Bernadeth is an extraterrestrial supervillainess appearing in comic books published by DC Comics.

Publication history
She first appeared in Mister Miracle #6 (February 1972) and was created by Jack Kirby.

Fictional character biography
Co-leader of the Female Furies, Bernadeth wields a "fahren-knife" that burns her victims from the inside. As the sister of Darkseid's servant, Desaad, Bernadeth is both notorious and feared by the masses of Apokolips. She was one of the first Furies to be recruited, though Bernadeth hated being led by others. When Big Barda left for Earth to be with Mister Miracle, Bernadeth joined her alongside Lashina, Stompa, and Mad Harriet for a brief period of time.

Later, Bernadeth returned to Apokolips with the other Furies sans Barda. Bernadeth saw Barda's permanent defecting as a way to gain leadership herself. However, Darkseid rewarded Lashina with leadership of the Furies. During a mission to retrieve Glorious Godfrey, Bernadeth betrayed Lashina and left her on Earth. Because of this, Bernadeth was temporarily able to achieve leadership over the Furies. When Lashina returned to Apokolips with the Suicide Squad, she snapped Bernadeth's neck after a long and fierce battle. Darkseid was appalled by the fact that Lashina brought outsiders to Apokolips, so he killed her and resurrected Bernadeth, although he later brought Lashina back to life as well.  Afterwards, Bernadeth agreed to share leadership duties.

Later on Apokolips, she was seen along with the rest of the Furies testing Granny Goodness' newest recruit Precious. After Supergirl's capture, Bernadeth and her teammates were defeated by Wonder Woman and Big Barda.

She appeared in both the  Seven Soldiers: Mister Miracle mini-series, and in Hawkgirl.

During Countdown to Final Crisis, Bernadeth attempted and failed to stop Jimmy Olsen and Forager from escaping Apokolips. After they escaped, Bernadeth was confronted by the Infinity-Man, presumably resulting in her death.

Bernadeth later appeared in as part of the "Dark Side Club". She created drugs that helped Granny Goodness brainwash superheroes into fighting at the Dark Side Club arena. She also experimented on cell samples from the club's victims, and thereby was the first to learn that Black Alice was related to Misfit.

The New 52
In The New 52, Darkseid is enslaved by his daughter Grail, leading Bernadeth and the other Female Furies to accept an offer from Big Barda to help defeat Grail as well as to protect Barda's husband, Mister Miracle.

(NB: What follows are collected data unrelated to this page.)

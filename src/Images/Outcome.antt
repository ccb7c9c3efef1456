-- ===== src/Images/Outcome.antt =====
-- src/image-derivative.ts: each claimed job is completed or failed, once.
use z_s_app.Prelude.{ℕ, ◌⊎◌, String, ◌≡◌, true, List, [], ◌∷◌, ◌++◌, ok, err}
use z_s_app.Images.Errors.{Thrown, normalize_error, is_safe_code}
use z_s_app.Images.{
  ImageDerivativeJob, ImageDerivativeFailure, Call, Run, Collaborators, Step, work, work_or_recover,
  closing, failure_of, cleanup_failure,
}
use z_s_app.Images.Settlement.{IsCompleted}

module _ (digest : List ℕ → String) (c : Collaborators) (job : ImageDerivativeJob) where
  -- How a run of a claimed job ends, with all the calls that it made.
  pub data Settled (calls : List Call) : Type 0 where
    completed :
        IsCompleted digest c job
        → calls
          ≡ Call.claim_next ∷ Call.read ∷ Call.process ∷ Call.write ∷ Call.complete ∷ Call.close
            ∷ []
        → Settled calls
    failed :
        (e : Thrown) (f : ImageDerivativeFailure)
        → (work digest c job).1 ≡ err e
        → is_safe_code f.code ≡ true
        → (c.cleanup job ≡ ok tt) × (f ≡ failure_of digest (normalize_error e))
          ⊎ (f ≡ cleanup_failure digest)
        → calls
          ≡ Call.claim_next
            ∷ (((work digest c job).0 ++ Call.cleanup ∷ Call.fail f ∷ [])
                ++ closing digest (c.read job))
        → Settled calls

  -- the run of the `try`, with its `catch`
  abbrev tried : Run Step
  tried = work_or_recover digest c job (work digest c job)

  with_ending : List Call → List Call → List Call
  with_ending body ending = Call.claim_next ∷ (body ++ ending)
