-- ===== src/Integrity.antt =====
-- src/integrity.ts: the check of a provider's report on a written object.
pub mod Laws
use z_s_app.Prelude.{
  ℕ, String, Bool, true, false, not, Option, none, some, ◌==◌, nat_eq, string_eq, Result, ok, err,
  ◌>>=◌, ◌>>◌, fail_if, if◌then◌else◌,
}
use z_s_app.Domain.{ControlPlaneErrorCode}
use z_s_app.Records.{HeadContentLength, ProviderCapabilityPolicy}
use z_s_app.Prefix.{object_key_matches_pattern}

-- A pattern of the wrong form throws the control plane's error out of `verifyProviderWrite`.
pub data IntegrityError : Type 0 where
  provider_mismatch bucket_mismatch prefix_mismatch checksum_required : IntegrityError
  checksum_mismatch size_unavailable size_mismatch : IntegrityError
  control_plane : ControlPlaneErrorCode → IntegrityError

pub record VerifyProviderWriteInput : Type 0 where
  pub expected_provider_id : String
  pub expected_bucket_label : String
  pub normalized_prefix_pattern : String
  pub object_key : String
  pub expected_checksum : Option String
  pub expected_size_bytes : Option ℕ
  pub observed_provider_id : String
  pub observed_bucket_label : String
  pub observed_checksum : Option String
  pub observed_size_bytes : Option ℕ
  pub capability_policy : ProviderCapabilityPolicy

pub data SizeVerificationDisposition : Type 0 where
  matched not_supplied unsupported_with_checksum : SizeVerificationDisposition

-- `verified` and `checksumVerified` are `true` in each result.
pub record IntegrityVerificationResult : Type 0 where
  pub size_verified : Bool
  pub size_verification_disposition : SizeVerificationDisposition

abbrev lift : Result ControlPlaneErrorCode Bool → Result IntegrityError Bool
lift (ok b) = ok b
lift (err e) = err (control_plane e)

pub verify_checksum : Option String → Option String → Result IntegrityError (Unit {0})
verify_checksum (some expected) (some observed) =
    fail_if (not (expected == observed)) checksum_mismatch
verify_checksum _ _ = err checksum_required

abbrev pub is_optional : HeadContentLength → Bool
is_optional HeadContentLength.optional_with_checksum = true
is_optional HeadContentLength.required = false

pub verify_size :
    HeadContentLength → Option ℕ → Option ℕ → Result IntegrityError IntegrityVerificationResult
verify_size head none observed =
    ok (record { size_verified = false; size_verification_disposition = not_supplied })
verify_size head (some expected) none =
    if not (is_optional head)
    then err size_unavailable
    else ok (record {
      size_verified = false;
      size_verification_disposition = unsupported_with_checksum;
    })
verify_size head (some expected) (some observed) =
    if not (expected == observed)
    then err size_mismatch
    else ok (record { size_verified = true; size_verification_disposition = matched })

unfoldable pub verify_provider_write :
    VerifyProviderWriteInput → Result IntegrityError IntegrityVerificationResult
unfolding verify_checksum verify_size
verify_provider_write input = do
  fail_if (not (input.expected_provider_id == input.observed_provider_id)) provider_mismatch
  fail_if (not (input.expected_bucket_label == input.observed_bucket_label)) bucket_mismatch
  inside ← lift (object_key_matches_pattern input.object_key input.normalized_prefix_pattern)
  fail_if (not inside) prefix_mismatch
  verify_checksum input.expected_checksum input.observed_checksum
  verify_size input.capability_policy.head_content_length input.expected_size_bytes
      input.observed_size_bytes
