-- ===== src/Prefix/Matching.antt =====
-- src/prefix-authorizer.ts: when a key matches a pattern, described without the code's tests.
use z_s_app.Prelude.{
  ℕ, ◌≡◌, refl, sym, ap, ◌∙◌, ◌≢◌, inl, inr, Bool, true, false, ◌&&◌, ◌||◌, not, List, [], ◌∷◌,
  ◌++◌, arith, nat_beq, length, All, Bool-cases,
}
use z_s_app.Prefix.{starts_with_char, split_from, split, is_valid_key}
use z_s_app.Prefix.Keys.{
  Without, tails, join, IsPlain, IsSafeKey, includes_iff, any_codes_iff, tails-split_from,
  split_from-Without, split_from-tails,
}

-- `pattern` is a prefix and a star, and `key` goes on behind that prefix.
pub record IsPatternOf (p key : List ℕ) : Type 0 where
  pub prefix : List ℕ
  pub first : ℕ
  pub rest : List ℕ
  pub starred : p ≡ prefix ++ b'*' ∷ []
  pub no_backslash : Without 92 p
  pub relative : starts_with_char b'/' p ≡ false
  pub continued : key ≡ prefix ++ first ∷ rest

combine_segments :
    (l : List (List ℕ))
    → All (Without b'/') l
    → All (λ y. y ≢ b'.' ∷ b'.' ∷ []) l
    → All (λ y. y ≢ b'.' ∷ []) l
    → All IsPlain l
combine_segments [] a b c = tt
combine_segments (x ∷ l) a b c =
    (record { no_slash = a.0; not_dot = c.0; not_dot_dot = b.0 }, combine_segments l a.1 b.1 c.1)

plain_parts :
    (l : List (List ℕ))
    → All IsPlain l
    → All (Without b'/') l × All (λ y. y ≢ b'.' ∷ b'.' ∷ []) l × All (λ y. y ≢ b'.' ∷ []) l
plain_parts [] h = (tt, tt, tt)
plain_parts (x ∷ l) h =
    let (a, b, c) = plain_parts l h.1 in ((h.0.no_slash, a), (h.0.not_dot_dot, b), (h.0.not_dot, c))

split_from-cons : (cur s : List ℕ) → (x : List ℕ) × (r : List (List ℕ)) × (split_from cur s ≡ x ∷ r)
unfolding split_from
split_from-cons cur [] = (cur, [], refl)
split_from-cons cur (c ∷ s) = elim (Bool-cases (nat_beq c b'/')) [
  | inl e ↦ (cur, split_from [] s, rw e)
  | inr e ↦ let (x, r, h) = split_from-cons (cur ++ c ∷ []) s in (x, r, rw e h)
]

cons-tail {ℓ} : {A : Type ℓ} {x y : A} {s t : List A} → x ∷ s ≡ y ∷ t → s ≡ t
cons-tail h = cc

join-split : (s : List ℕ) → join (split s) ≡ s
unfolding split
join-split s =
    let (x, r, h) = split_from-cons [] s in
    rw h (cons-tail (ap tails (sym h) ∙ tails-split_from [] s))

relative_of : (s : List ℕ) → starts_with_char b'/' s ≡ false → (rest : List ℕ) → s ≢ b'/' ∷ rest
relative_of [] h rest e = cc
relative_of (c ∷ s) h rest e = ground arith

of_relative : (s : List ℕ) → ((rest : List ℕ) → s ≢ b'/' ∷ rest) → starts_with_char b'/' s ≡ false
of_relative [] h = refl
of_relative (c ∷ s) h = elim (Bool-cases (nat_beq c b'/')) [
  | inl e ↦ absurd (h s (ap (λ d. d ∷ s) (ground arith)))
  | inr e ↦ e
]

nonempty_of : (s : List ℕ) → nat_beq (length s) 0 ≡ false → s ≢ []
nonempty_of [] h e = cc
nonempty_of (c ∷ s) h e = cc

of_nonempty : (s : List ℕ) → s ≢ [] → nat_beq (length s) 0 ≡ false
of_nonempty [] h = absurd (h refl)
of_nonempty (c ∷ s) h = ground arith

valid_parts :
    (a b c d e : Bool)
    → (not (a || b || c) && not (d || e)) ≡ true
    → (a ≡ false) × (b ≡ false) × (c ≡ false) × (d ≡ false) × (e ≡ false)
valid_parts a b c d e h = ground arith

pub IsSafeKey-is_valid_key : (key : List ℕ) → is_valid_key key ≡ true → IsSafeKey key
unfolding is_valid_key
IsSafeKey-is_valid_key key h =
    let (a, b, c, d, e) = valid_parts _ _ _ _ _ h in
    record {
      nonempty = nonempty_of key a;
      no_backslash = (includes_iff 92 key).0 b;
      relative = relative_of key c;
      segments = split key;
      plain =
          combine_segments (split key) (unfold split in split_from-Without [] key tt)
            ((any_codes_iff _ (split key)).0 d) ((any_codes_iff _ (split key)).0 e);
      joined = join-split key;
    }

split-join : (l : List (List ℕ)) → l ≢ [] → All (Without b'/') l → split (join l) ≡ l
unfolding split
split-join [] n h = absurd (n refl)
split-join (x ∷ r) n h = split_from-tails r [] x h.0 h.1

pub is_valid_key-IsSafeKey : (key : List ℕ) → IsSafeKey key → is_valid_key key ≡ true
unfolding is_valid_key
is_valid_key-IsSafeKey key h =
    let (a, b, c) = plain_parts h.segments h.plain in
    let nonempty : h.segments ≢ [] = λ e. h.nonempty (sym h.joined ∙ ap join e) in
    let same : split key ≡ h.segments =
      ap split (sym h.joined) ∙ split-join h.segments nonempty a in
    rw (
      of_nonempty key h.nonempty,
      (includes_iff 92 key).1 h.no_backslash,
      of_relative key h.relative,
      same,
      (any_codes_iff _ h.segments).1 b,
      (any_codes_iff _ h.segments).1 c,
    )
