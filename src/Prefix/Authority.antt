-- ===== src/Prefix/Authority.antt =====
-- src/prefix-authorizer.ts: the meaning of a match, and of an allowed object key.
use mathlib.Core.Bool.{false≢true}
use z_s_app.Prelude.{
  ℕ, String, ◌≡◌, refl, ap, ◌∙◌, ◌↔◌, inl, inr, Bool, true, false, ◌||◌, not, List, [], ◌∷◌, ◌++◌,
  arith, ltb, length, codes, if◌then◌else◌, Bool-cases, ok, err, bind-eq-ok, filter, &&-true,
  ok-injective,
}
use z_s_app.Domain.{
  ControlPlaneErrorCode, OperationClass, prefix_class_not_found, object_key_outside_prefix,
}
use z_s_app.Records.{StoragePrefixClass}
use z_s_app.Prefix.{
  ends_with_char, drop_last, starts_with, pattern_prefix, is_valid_key, key_matches,
  object_key_matches_pattern, find_active_prefix_class, assert_object_key_allowed, single_class,
  is_active_class,
}
use z_s_app.Prefix.Keys.{IsSafeKey, includes_iff}
use z_s_app.Prefix.Matching.{IsPatternOf, IsSafeKey-is_valid_key, is_valid_key-IsSafeKey}

ends_with_char_lem : (c : ℕ) (p : List ℕ) → ends_with_char c p ≡ true → p ≡ drop_last p ++ c ∷ []
ends_with_char_lem c [] h = cc
ends_with_char_lem c (d ∷ []) h = ground arith
ends_with_char_lem c (d ∷ e ∷ p) h = ap (λ t. d ∷ t) (ends_with_char_lem c (e ∷ p) h)

ends_with_char-append : (c : ℕ) (q : List ℕ) → ends_with_char c (q ++ c ∷ []) ≡ true
ends_with_char-append c [] = ground arith
ends_with_char-append c (d ∷ []) = ground arith
ends_with_char-append c (d ∷ e ∷ q) = ends_with_char-append c (e ∷ q)

drop_last-append : (c : ℕ) (q : List ℕ) → drop_last (q ++ c ∷ []) ≡ q
drop_last-append c [] = refl
drop_last-append c (d ∷ []) = refl
drop_last-append c (d ∷ e ∷ q) = ap (λ t. d ∷ t) (drop_last-append c (e ∷ q))

starts_with_lem :
    (p s : List ℕ)
    → starts_with p s ≡ true
    → ltb (length p) (length s) ≡ true
    → (first : ℕ) × (rest : List ℕ) × (s ≡ p ++ first ∷ rest)
starts_with_lem [] [] h k = absurd (ground arith)
starts_with_lem [] (d ∷ s) h k = (d, s, refl)
starts_with_lem (c ∷ p) [] h k = absurd (ground arith)
starts_with_lem (c ∷ p) (d ∷ s) h k =
    let (x, r, e) = starts_with_lem p s (ground arith) (ground arith) in (x, r, ground (arith, e))

starts_with-append :
    (p : List ℕ) (first : ℕ) (rest : List ℕ)
    → (starts_with p (p ++ first ∷ rest) ≡ true)
      × (ltb (length p) (length (p ++ first ∷ rest)) ≡ true)
starts_with-append [] first rest = (refl, ground arith)
starts_with-append (c ∷ p) first rest =
    let (a, b) = starts_with-append p first rest in (ground arith, ground arith)

prefix_parts :
    (a b c : Bool) (q r : List ℕ)
    → (if not a || b || c then err prefix_class_not_found else ok q) ≡ ok r
    → (a ≡ true) × (b ≡ false) × (c ≡ false) × (q ≡ r)
prefix_parts a b c q r h = ground arith

key_matches-IsPatternOf :
    (key p : List ℕ) → key_matches key p ≡ ok true → IsSafeKey key × IsPatternOf p key
unfolding key_matches
key_matches-IsPatternOf key p h = elim (Bool-cases (is_valid_key key)) [
  | inr invalid ↦
      absurd (false≢true (ok-injective {E = ControlPlaneErrorCode} false true (rw invalid at h)))
  | inl valid ↦
      let (prefix, found, matched) = bind-eq-ok (pattern_prefix p) _ (rw valid at h) in
      let (a, b, c, e) = prefix_parts _ _ _ _ _ found in
      let (starts, longer) = &&-true _ _ (ok-injective _ true matched) in
      let (first, rest, continued) = starts_with_lem prefix key starts longer in
      (
        IsSafeKey-is_valid_key key valid,
        record {
          prefix = prefix;
          first = first;
          rest = rest;
          starred = ends_with_char_lem b'*' p a ∙ ap (λ t. t ++ b'*' ∷ []) e;
          no_backslash = (includes_iff 92 p).0 b;
          relative = c;
          continued = continued;
        },
      )
]

pattern_prefix_of : (p key : List ℕ) (h : IsPatternOf p key) → pattern_prefix p ≡ ok h.prefix
unfolding pattern_prefix
pattern_prefix_of p key h =
    let ends : ends_with_char b'*' p ≡ true =
      ap (ends_with_char b'*') h.starred ∙ ends_with_char-append b'*' h.prefix in
    let dropped : drop_last p ≡ h.prefix =
      ap drop_last h.starred ∙ drop_last-append b'*' h.prefix in
    rw (ends, (includes_iff 92 p).1 h.no_backslash, h.relative, dropped)

IsPatternOf-key_matches :
    (key p : List ℕ) → IsSafeKey key → IsPatternOf p key → key_matches key p ≡ ok true
unfolding key_matches
IsPatternOf-key_matches key p safe h =
    let (starts, longer) = starts_with-append h.prefix h.first h.rest in
    let starts' : starts_with h.prefix key ≡ true =
      ap (starts_with h.prefix) h.continued ∙ starts in
    let longer' : ltb (length h.prefix) (length key) ≡ true =
      ap (λ s. ltb (length h.prefix) (length s)) h.continued ∙ longer in
    rw (is_valid_key-IsSafeKey key safe, pattern_prefix_of p key h, starts', longer')

-- A key matches a pattern exactly when it is a relative path of plain segments, with no backslash,
-- the pattern is a relative prefix with a star behind it, and the key goes on behind the prefix.
pub object_key_matches_pattern_iff :
    (object_key p : String)
    → (object_key_matches_pattern object_key p ≡ ok true)
      ↔ (IsSafeKey (codes object_key) × IsPatternOf (codes p) (codes object_key))
unfolding object_key_matches_pattern
object_key_matches_pattern_iff object_key p = (
  key_matches-IsPatternOf (codes object_key) (codes p),
  (λ h. IsPatternOf-key_matches (codes object_key) (codes p) h.0 h.1),
)

single_class-eq-ok :
    (l : List StoragePrefixClass) {r : StoragePrefixClass} → single_class l ≡ ok r → l ≡ r ∷ []
unfolding single_class
single_class-eq-ok [] h = cc
single_class-eq-ok (a ∷ []) h = cc
single_class-eq-ok (a ∷ b ∷ l) h = cc

pub allowed-eq-ok :
    (b : Bool) {u : Unit {0}}
    → (if b then ok tt else err object_key_outside_prefix) ≡ ok u
    → b ≡ true
allowed-eq-ok true h = refl
allowed-eq-ok false h = cc

-- An object key is allowed only where the profile has exactly one active class for the operation,
-- and then the key is safe and lies behind the prefix of that class.
pub assert_object_key_allowed_sound :
    (classes : List StoragePrefixClass) (profile_id : String) (version : ℕ)
    (operation : OperationClass) (object_key : String)
    → assert_object_key_allowed classes profile_id version operation object_key ≡ ok tt
    → (r : StoragePrefixClass) × (filter (is_active_class profile_id version operation) classes
        ≡ r ∷ [])
      × IsSafeKey (codes object_key)
      × IsPatternOf (codes r.normalized_prefix_pattern) (codes object_key)
unfolding assert_object_key_allowed find_active_prefix_class
assert_object_key_allowed_sound classes profile_id version operation object_key h =
    let (r, found, h1) = bind-eq-ok _ _ h in
    let (b, matched, h2) = bind-eq-ok _ _ h1 in
    let e = allowed-eq-ok b h2 in
    let (safe, behind) =
      (object_key_matches_pattern_iff object_key r.normalized_prefix_pattern).0
        (matched ∙ ap ok e) in
    (r, single_class-eq-ok _ found, safe, behind)
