-- ===== src/Integrity/Laws.antt =====
-- src/integrity.ts: what an accepted write has shown.
use mathlib.Core.Bool.{false≢true}
use z_s_app.Prelude.{
  ℕ, String, ◌≡◌, refl, ap, ◌∙◌, ◌↔◌, inl, inr, Bool, true, false, not, Option, none, some, arith,
  eq_iff, ◌==◌, nat_eq, string_eq, Result, ok, err, bind-eq-ok, ok-injective, fail_if,
  fail_if-eq-ok, codes, Bool-cases,
}
use z_s_app.Domain.{ControlPlaneErrorCode}
use z_s_app.Records.{HeadContentLength}
use z_s_app.Prefix.Keys.{IsSafeKey}
use z_s_app.Prefix.Matching.{IsPatternOf}
use z_s_app.Prefix.Authority.{object_key_matches_pattern_iff}
use z_s_app.Integrity.{
  VerifyProviderWriteInput, IntegrityVerificationResult, SizeVerificationDisposition, matched,
  not_supplied, unsupported_with_checksum, verify_checksum, verify_size, lift,
  verify_provider_write,
}

-- The size was compared and is equal, or there was none to compare with.
pub data SizeAgrees (input : VerifyProviderWriteInput) : SizeVerificationDisposition → Type 0 where
  equal :
      (n : ℕ)
      → input.expected_size_bytes ≡ some n
      → input.observed_size_bytes ≡ some n
      → SizeAgrees input matched
  unasked : input.expected_size_bytes ≡ none → SizeAgrees input not_supplied
  unreported :
      (n : ℕ)
      → input.expected_size_bytes ≡ some n
      → input.observed_size_bytes ≡ none
      → input.capability_policy.head_content_length ≡ HeadContentLength.optional_with_checksum
      → SizeAgrees input unsupported_with_checksum

-- What `verifyProviderWrite` has compared.
pub record IsIntact (input : VerifyProviderWriteInput) (result : IntegrityVerificationResult)
    : Type 0 where
  pub provider : input.expected_provider_id ≡ input.observed_provider_id
  pub bucket : input.expected_bucket_label ≡ input.observed_bucket_label
  pub safe_key : IsSafeKey (codes input.object_key)
  pub inside : IsPatternOf (codes input.normalized_prefix_pattern) (codes input.object_key)
  pub checksum : String
  pub expected_checksum : input.expected_checksum ≡ some checksum
  pub observed_checksum : input.observed_checksum ≡ some checksum
  pub size : SizeAgrees input result.size_verification_disposition
  pub size_verified_iff :
      (result.size_verified ≡ true) ↔ (result.size_verification_disposition ≡ matched)

eq_true_of_not : (t : Bool) → not t ≡ false → t ≡ true
eq_true_of_not t e = ground arith

verify_checksum-eq-ok :
    (a b : Option String) {u : Unit {0}}
    → verify_checksum a b ≡ ok u
    → (c : String) × (a ≡ some c) × (b ≡ some c)
unfolding verify_checksum
verify_checksum-eq-ok (some a) (some b) h =
    let same = (eq_iff a b).0 (eq_true_of_not (a == b) (fail_if-eq-ok _ _ h)) in
    (b, ap some same, refl)
verify_checksum-eq-ok (some a) none h = cc
verify_checksum-eq-ok none b h = cc

size_parts :
    (input : VerifyProviderWriteInput) (head : HeadContentLength) (a b : Option ℕ)
    (result : IntegrityVerificationResult)
    → input.capability_policy.head_content_length ≡ head
    → input.expected_size_bytes ≡ a
    → input.observed_size_bytes ≡ b
    → verify_size head a b ≡ ok result
    → SizeAgrees input result.size_verification_disposition
      × ((result.size_verified ≡ true) ↔ (result.size_verification_disposition ≡ matched))
unfolding verify_size
size_parts input head none b result p q r h =
    let same : record { size_verified = false; size_verification_disposition = not_supplied }
        ≡ result =
      ok-injective _ _ h in
    rw (← same) (unasked q, ((λ e. cc), (λ e. cc)))
size_parts input HeadContentLength.optional_with_checksum (some n) none result p q r h =
    rw (← ok-injective _ _ h) (unreported n q r p, ((λ e. cc), (λ e. cc)))
size_parts input HeadContentLength.required (some n) none result p q r h = cc
size_parts input head (some n) (some m) result p q r h = elim (Bool-cases (n == m)) [
  | inl e ↦
      let same = ok-injective _ _ (rw e at h) in
      rw (← same) (equal m (q ∙ ap some (ground (arith, e))) r, ((λ _. refl), (λ _. refl)))
  | inr e ↦ absurd (ground (arith, h, e))
]

lift-eq-ok : (r : Result ControlPlaneErrorCode Bool) {b : Bool} → lift r ≡ ok b → r ≡ ok b
lift-eq-ok (ok a) h = ap ok (ok-injective a _ h)
lift-eq-ok (err e) h = cc

verify_provider_write-IsIntact :
    (input : VerifyProviderWriteInput) (result : IntegrityVerificationResult)
    → verify_provider_write input ≡ ok result
    → IsIntact input result
unfolding verify_provider_write
verify_provider_write-IsIntact input result h =
    let (_, p, h1) = bind-eq-ok (fail_if _ _) _ h in
    let (_, b, h2) = bind-eq-ok (fail_if _ _) _ h1 in
    let (inside, m, h3) = bind-eq-ok (lift _) _ h2 in
    let (_, i, h4) = bind-eq-ok (fail_if _ _) _ h3 in
    let (_, c, h5) =
      bind-eq-ok (verify_checksum input.expected_checksum input.observed_checksum) _ h4 in
    let (checksum, expected, observed) = verify_checksum-eq-ok _ _ c in
    let matched = lift-eq-ok _ m ∙ ap ok (eq_true_of_not inside (fail_if-eq-ok _ _ i)) in
    let (safe, behind) =
      (object_key_matches_pattern_iff input.object_key input.normalized_prefix_pattern).0 matched in
    let (size, iff) = size_parts input _ _ _ result refl refl refl h5 in
    record {
      provider = (eq_iff _ _).0 (eq_true_of_not _ (fail_if-eq-ok _ _ p));
      bucket = (eq_iff _ _).0 (eq_true_of_not _ (fail_if-eq-ok _ _ b));
      safe_key = safe;
      inside = behind;
      checksum = checksum;
      expected_checksum = expected;
      observed_checksum = observed;
      size = size;
      size_verified_iff = iff;
    }

is_equal : (a b : String) → a ≡ b → not (a == b) ≡ false
is_equal a b e = ap not ((eq_iff a b).1 e)

verify_size_of :
    (input : VerifyProviderWriteInput) (verified : Bool) (d : SizeVerificationDisposition)
    → SizeAgrees input d
    → (verified ≡ true) ↔ (d ≡ matched)
    → verify_size input.capability_policy.head_content_length input.expected_size_bytes
        input.observed_size_bytes
      ≡ ok (record { size_verified = verified; size_verification_disposition = d })
unfolding verify_size
verify_size_of input true d (equal n e o) iff = rw (e, o) (ground arith)
verify_size_of input false d (equal n e o) iff = absurd (false≢true (iff.1 refl))
verify_size_of input true d (unasked e) iff = absurd (ground (arith, iff.0 refl))
verify_size_of input false d (unasked e) iff = rw e
verify_size_of input true d (unreported n e o p) iff = absurd (ground (arith, iff.0 refl))
verify_size_of input false d (unreported n e o p) iff = rw (e, o, p)

IsIntact-verify_provider_write :
    (input : VerifyProviderWriteInput) (result : IntegrityVerificationResult)
    → IsIntact input result
    → verify_provider_write input ≡ ok result
unfolding verify_provider_write verify_checksum
IsIntact-verify_provider_write input result h =
    rw
      (
        is_equal _ _ h.provider,
        is_equal _ _ h.bucket,
        (object_key_matches_pattern_iff input.object_key input.normalized_prefix_pattern).1
            (h.safe_key, h.inside),
        h.expected_checksum,
        h.observed_checksum,
        is_equal h.checksum h.checksum refl,
      )
      (verify_size_of input result.size_verified result.size_verification_disposition h.size
        h.size_verified_iff)

-- A provider write is accepted with a result exactly when the provider and the bucket are the
-- expected ones, the key is safe and lies behind the pattern's prefix, both checksums are there and
-- equal, and the sizes are equal, or none was expected, or none was observed and the policy allows
-- that; the result says which, and that the size was verified exactly in the first case.
pub verify_provider_write_iff :
    (input : VerifyProviderWriteInput) (result : IntegrityVerificationResult)
    → (verify_provider_write input ≡ ok result) ↔ IsIntact input result
verify_provider_write_iff input result =
    (verify_provider_write-IsIntact input result, IsIntact-verify_provider_write input result)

Bernadeth participated in the final battle against Grail and Darkseid, which resulted in the pair's defeat. Bernadeth then left for Apokolips with the rest of the Furies, including Barda.

DC Rebirth
Although Bernadeth was not seen with the other Female Furies who sided with Granny Goodness during Lex Luthor's reign as lord of Apokolips, she reunited with her teammates as they discovered Darkseid was alive on Earth. Along with the other Furies, Bernadeth was assigned to seek out mystical artifacts that would empower Darkseid. However, Bernadeth and the Furies were unable to gather the artifacts after being ambushed by Steve Trevor and his Oddfellows and returned to Darkseid. Despite threatening them, Darkseid allowed the Furies to live as he decided he had further use for them. Bernadeth later joined in the battle against Wonder Woman and A.R.G.U.S. in the Amazon Jungle, though it resulted in Darkseid's destruction.

At some point, Bernadeth attended the birth of Big Barda and Mister Miracle's son alongside the other Furies. She let Mister Miracle borrow her Fahren-Knife to "cut her as she needs to be cut". Big Barda assumed this to be a threat, but when the child was born, it left Barda's womb strangled by her invulnerable umbilical cord. With no other options, Mister Miracle used the Fahren-Knife to cut her cord and save the baby's life. Afterwards, Mister Miracle returned the weapon to Bernadeth, thanking her. She replied that she was glad it helped, but that she would use it to kill him when they returned to war. Later, she joined Kalibak and Kanto in a meeting with Mister Miracle, Big Barda, and Lightray to discuss the options of a peace treaty between Apokolips and New Genesis.

Granny Goodness soon took an interest in Harley Quinn, sending Bernadeth and Lashina to recruit the former criminal. While Lashina distracted Quinn, Bernadeth pricked her in the back with a knockout poison. The two then took Quinn to Apokolips where she officially became a Fury. After Quinn failed as a Fury, Bernadeth trapped her and a former Fury named Petite Tina inside her Personality Re-Education Center where she planned to wipe their minds. After many attempts, Bernadeth's machine was unable to do any permanent brain damage to Quinn. Frustrated, Bernadeth left the pair to find DeSaad's razor-edged Sanity Blade.

Powers and abilities
Bernadeth is extremely long-lived and possesses the standard superhuman strength, durability, and speed of all New Gods. She can lift several tons easily and her advanced physiology gives her superhuman endurance at all physical activities.
Bernadeth is very skilled in the hand-to-hand combat. Bernadeth's weapon of choice is the Fahren-Knife, a mystical dagger forged from Darkseid's skin that enables her to burn her victims from the inside out. Bernadeth's brother DeSaad gave her the knife as a present, and it is said to be powerful enough to kill gods.

Other versions

Amalgam
In the Marvel/DC amalgam series Unlimited Access, Bernadeth does not merge with any other villains, but is seen battling the heroes alongside Mad Harriet.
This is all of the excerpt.